I was advised by a senior DBA that you should never use Partitioning, instead use schema to group data. I am talking on large databases. I am not convinced with this, please advice
An offline application deployed in 350+ locations was converted into an Online Application Single Database (10 Million rows).
They created schema's for 350+ locations and created tables inside these respective schemas.
When I was asked to look into the issues, I wondered why this setup and was because they were advised by Senior DBA to go like this (My Concerns were, How to perform search operations across all schema, how to manage any changes in table 350+ is huge, if it is a single table with partitioning things will become easy)
When I consulted the senior DBA regarding this and why he didnt propose Table Partitioning Instead of different schema, "He said partitioning is logical" and will not work, if you split it into schema the performance will be better because database operations will be limited to that schema.
These statements confused me and thus seeking your views and experiences
When to use many schemas?
In PostgreSQL databases of multi-tenant setup, it is not unusual to see a separate schema for every tenant. This serves mostly to separate data of the different tenants, as schemas give a very convenient way of setting security/access boundaries. This means, if I used such a setup, customer A would not have access to Customer B's data. If necessary, it is easy to set up overarching roles that can work across the different schemas (doing maintenance, producing reports, and so on).
In these scenarios, one might have data that is common across all tenants. I would store these in a common(ly accessible) schema, to prevent unnecessary duplications, thus making maintenance a bit easier.
Addressing one of your concerns, doing cross-schema queries is easy when you know which schemas to go for. If not, it might be tricky. However, maintenance in such cases might need some (self-built) infrastructure (as a script to roll out table changes on all tables named
your_table one by one) - but when it's already in place, the single tasks are not so complicated.
Do schemas help with performance?
On the other hand, having 350+ schemas for 10M rows is definitely not about performance. With 10M (not too wide) rows on a decent machine one would not expect serious performance issues in the first place. If they still appear, there are other means than partitioning that one should try first (meaning different indexing strategies, usually). A meaningful partitioning scheme for such data is very hard to come up with: 350+ partitions are just that much a pain in the ass as 350+ schemas. Not to mention that the per-partition data volume will be small (like 30k rows), and in certain cases planning the queries would take a hit - especially, when you try to have multiple tables partitioned the same way.

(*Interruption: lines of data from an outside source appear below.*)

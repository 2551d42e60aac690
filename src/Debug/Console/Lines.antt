-- ===== src/Debug/Console/Lines.antt =====
-- The number in a line of the console log.
use native.Mathlib.Nat.{pow-suc}
use winsvc.Prelude.{
  ℕ, zero, suc, ◌+◌, ◌*◌, ◌-◌, ◌/◌, ◌%◌, ◌<◌, ◌^◌, ◌≡◌, refl, [], ◌∷◌, ◌++◌, arith, ltb,
  if◌then◌else◌, Bool-cases, inl, inr, lt→ltb,
}
use winsvc.Unicode.{GoString}
use winsvc.Debug.Console.{itoa_loop, itoa}

-- The number that a text of decimal digits stands for.
abbrev pub read_digits : ℕ → GoString → ℕ
read_digits acc [] = acc
read_digits acc (d ∷ ds) = read_digits (acc * 10 + (d - b'0')) ds

read_digits-append :
    (acc : ℕ) (s t : GoString) → read_digits acc (s ++ t) ≡ read_digits (read_digits acc s) t
read_digits-append acc [] t = refl
read_digits-append acc (d ∷ ds) t = read_digits-append (acc * 10 + (d - b'0')) ds t

itoa_loop_step :
    (k n : ℕ)
    → itoa_loop (suc k) n
      ≡ (if ltb n 10 then (b'0' + n) ∷ [] else itoa_loop k (n / 10) ++ (b'0' + n % 10) ∷ [])
unfolding itoa_loop
itoa_loop_step k n = refl

last_digit : (m d : ℕ) → read_digits m ((b'0' + d) ∷ []) ≡ m * 10 + d
last_digit m d = omega arith

read_digits-itoa_loop : (k n : ℕ) → n < 10 ^ suc k → read_digits 0 (itoa_loop (suc k) n) ≡ n
read_digits-itoa_loop zero n h = rw (itoa_loop_step, lt→ltb n 10 h) (omega arith)
read_digits-itoa_loop (suc k) n h = elim (Bool-cases (ltb n 10)) [
  | inl small ↦ rw (itoa_loop_step, small) (omega arith)
  | inr large ↦
      rw (itoa_loop_step, large, read_digits-append)
        (rw (read_digits-itoa_loop k (n / 10) (omega (arith, pow-suc 10 (suc k)))) (omega arith))
]

-- The number in a line of the console log is the event id.
pub read_digits-itoa : (n : ℕ) → n < 10 ^ 20 → read_digits 0 (itoa n) ≡ n
unfolding itoa
read_digits-itoa n h = read_digits-itoa_loop 19 n h
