-- ===== src/Winapi/Constants.antt =====
-- The constants of winapi/*.go that the packages use, and those of Go's package syscall. The
-- others are those of the children.
pub mod Controls
pub mod Rights
pub mod Sids
pub mod Records
use winsvc.Prelude.{ℕ}

-- winapi/service.go
abbrev pub sc_manager_all_access : ℕ
sc_manager_all_access = 0xf003f

abbrev pub service_win32_own_process : ℕ
service_win32_own_process = 16

abbrev pub service_auto_start : ℕ
service_auto_start = 2

abbrev pub service_demand_start : ℕ
service_demand_start = 3

abbrev pub service_disabled : ℕ
service_disabled = 4

abbrev pub service_error_ignore : ℕ
service_error_ignore = 0

abbrev pub service_error_normal : ℕ
service_error_normal = 1

abbrev pub service_error_severe : ℕ
service_error_severe = 2

abbrev pub service_error_critical : ℕ
service_error_critical = 3

abbrev pub service_stopped : ℕ
service_stopped = 1

abbrev pub service_start_pending : ℕ
service_start_pending = 2

abbrev pub service_stop_pending : ℕ
service_stop_pending = 3

abbrev pub service_running : ℕ
service_running = 4

abbrev pub service_continue_pending : ℕ
service_continue_pending = 5

abbrev pub service_pause_pending : ℕ
service_pause_pending = 6

abbrev pub service_paused : ℕ
service_paused = 7

abbrev pub service_accept_stop : ℕ
service_accept_stop = 1

abbrev pub service_accept_pause_continue : ℕ
service_accept_pause_continue = 2

abbrev pub service_accept_shutdown : ℕ
service_accept_shutdown = 4

abbrev pub service_accept_preshutdown : ℕ
service_accept_preshutdown = 256

abbrev pub service_control_stop : ℕ
service_control_stop = 1

abbrev pub service_control_pause : ℕ
service_control_pause = 2

abbrev pub service_control_continue : ℕ
service_control_continue = 3

abbrev pub service_control_interrogate : ℕ
service_control_interrogate = 4

abbrev pub service_control_shutdown : ℕ
service_control_shutdown = 5

abbrev pub service_control_preshutdown : ℕ
service_control_preshutdown = 15

abbrev pub service_all_access : ℕ
service_all_access = 0xf01ff

abbrev pub service_config_description : ℕ
service_config_description = 1

abbrev pub no_error : ℕ
no_error = 0

-- winapi/eventlog.go
abbrev pub eventlog_error_type : ℕ
eventlog_error_type = 1

abbrev pub eventlog_warning_type : ℕ
eventlog_warning_type = 2

abbrev pub eventlog_information_type : ℕ
eventlog_information_type = 4

-- winapi/registry.go
abbrev pub reg_option_non_volatile : ℕ
reg_option_non_volatile = 0

abbrev pub reg_opened_existing_key : ℕ
reg_opened_existing_key = 2

-- winapi/security.go
abbrev pub security_nt_authority : ℕ
security_nt_authority = 5

abbrev pub security_interactive_rid : ℕ
security_interactive_rid = 4

abbrev pub security_service_rid : ℕ
security_service_rid = 6

-- winapi/syscall.go
abbrev pub standard_rights_required : ℕ
standard_rights_required = 0xf0000

abbrev pub error_service_specific_error : ℕ
error_service_specific_error = 1066

-- Package syscall: errors of its own start at 1 << 29.
abbrev pub application_error : ℕ
application_error = 0x20000000

abbrev pub einval : ℕ
einval = 0x20000027

abbrev pub error_insufficient_buffer : ℕ
error_insufficient_buffer = 122

abbrev pub infinite : ℕ
infinite = 0xffffffff

abbrev pub wait_object_0 : ℕ
wait_object_0 = 0

abbrev pub wait_failed : ℕ
wait_failed = 0xffffffff

abbrev pub key_all_access : ℕ
key_all_access = 0xf003f

abbrev pub reg_sz : ℕ
reg_sz = 1

abbrev pub reg_expand_sz : ℕ
reg_expand_sz = 2

abbrev pub reg_dword : ℕ
reg_dword = 4

abbrev pub hkey_local_machine : ℕ
hkey_local_machine = 0x80000002

abbrev pub token_query : ℕ
token_query = 8

abbrev pub token_groups : ℕ
token_groups = 2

I believe the "Sr DBA" may be familiar with some other database and is trying to use his previous knowledge on Postgresql.
If you have data which is completely identical you are far better using partitioning than having it all in a single table for a large data set. Please note that by postgresql standards, and most DBs, a set of 10 million records is really not all that large.
There is added complexity on using partitioning so for a 10 million data set I would recommend to just put it all in a single table.
A few things to consider:
How wide are your rows? If you have narrow rows then for sure you can just put it all in a single table.
Is this OLAP or OLTP? If you are doing lots of small transactions and primarily accessing a few of them at a time using indexes (OLTP) then the size of the table, aside from maintenance, is not very important.
If you are doing OLAP/analytics and you need to do big reports depending on how often data is refreshed you could do materialized views or do summary tables.
More information on what this database is used for and it's usage patter could help us give better advice, but in general I don't see any scenario where having 350 schemas would be advisable. If anything it would be much harder to manage.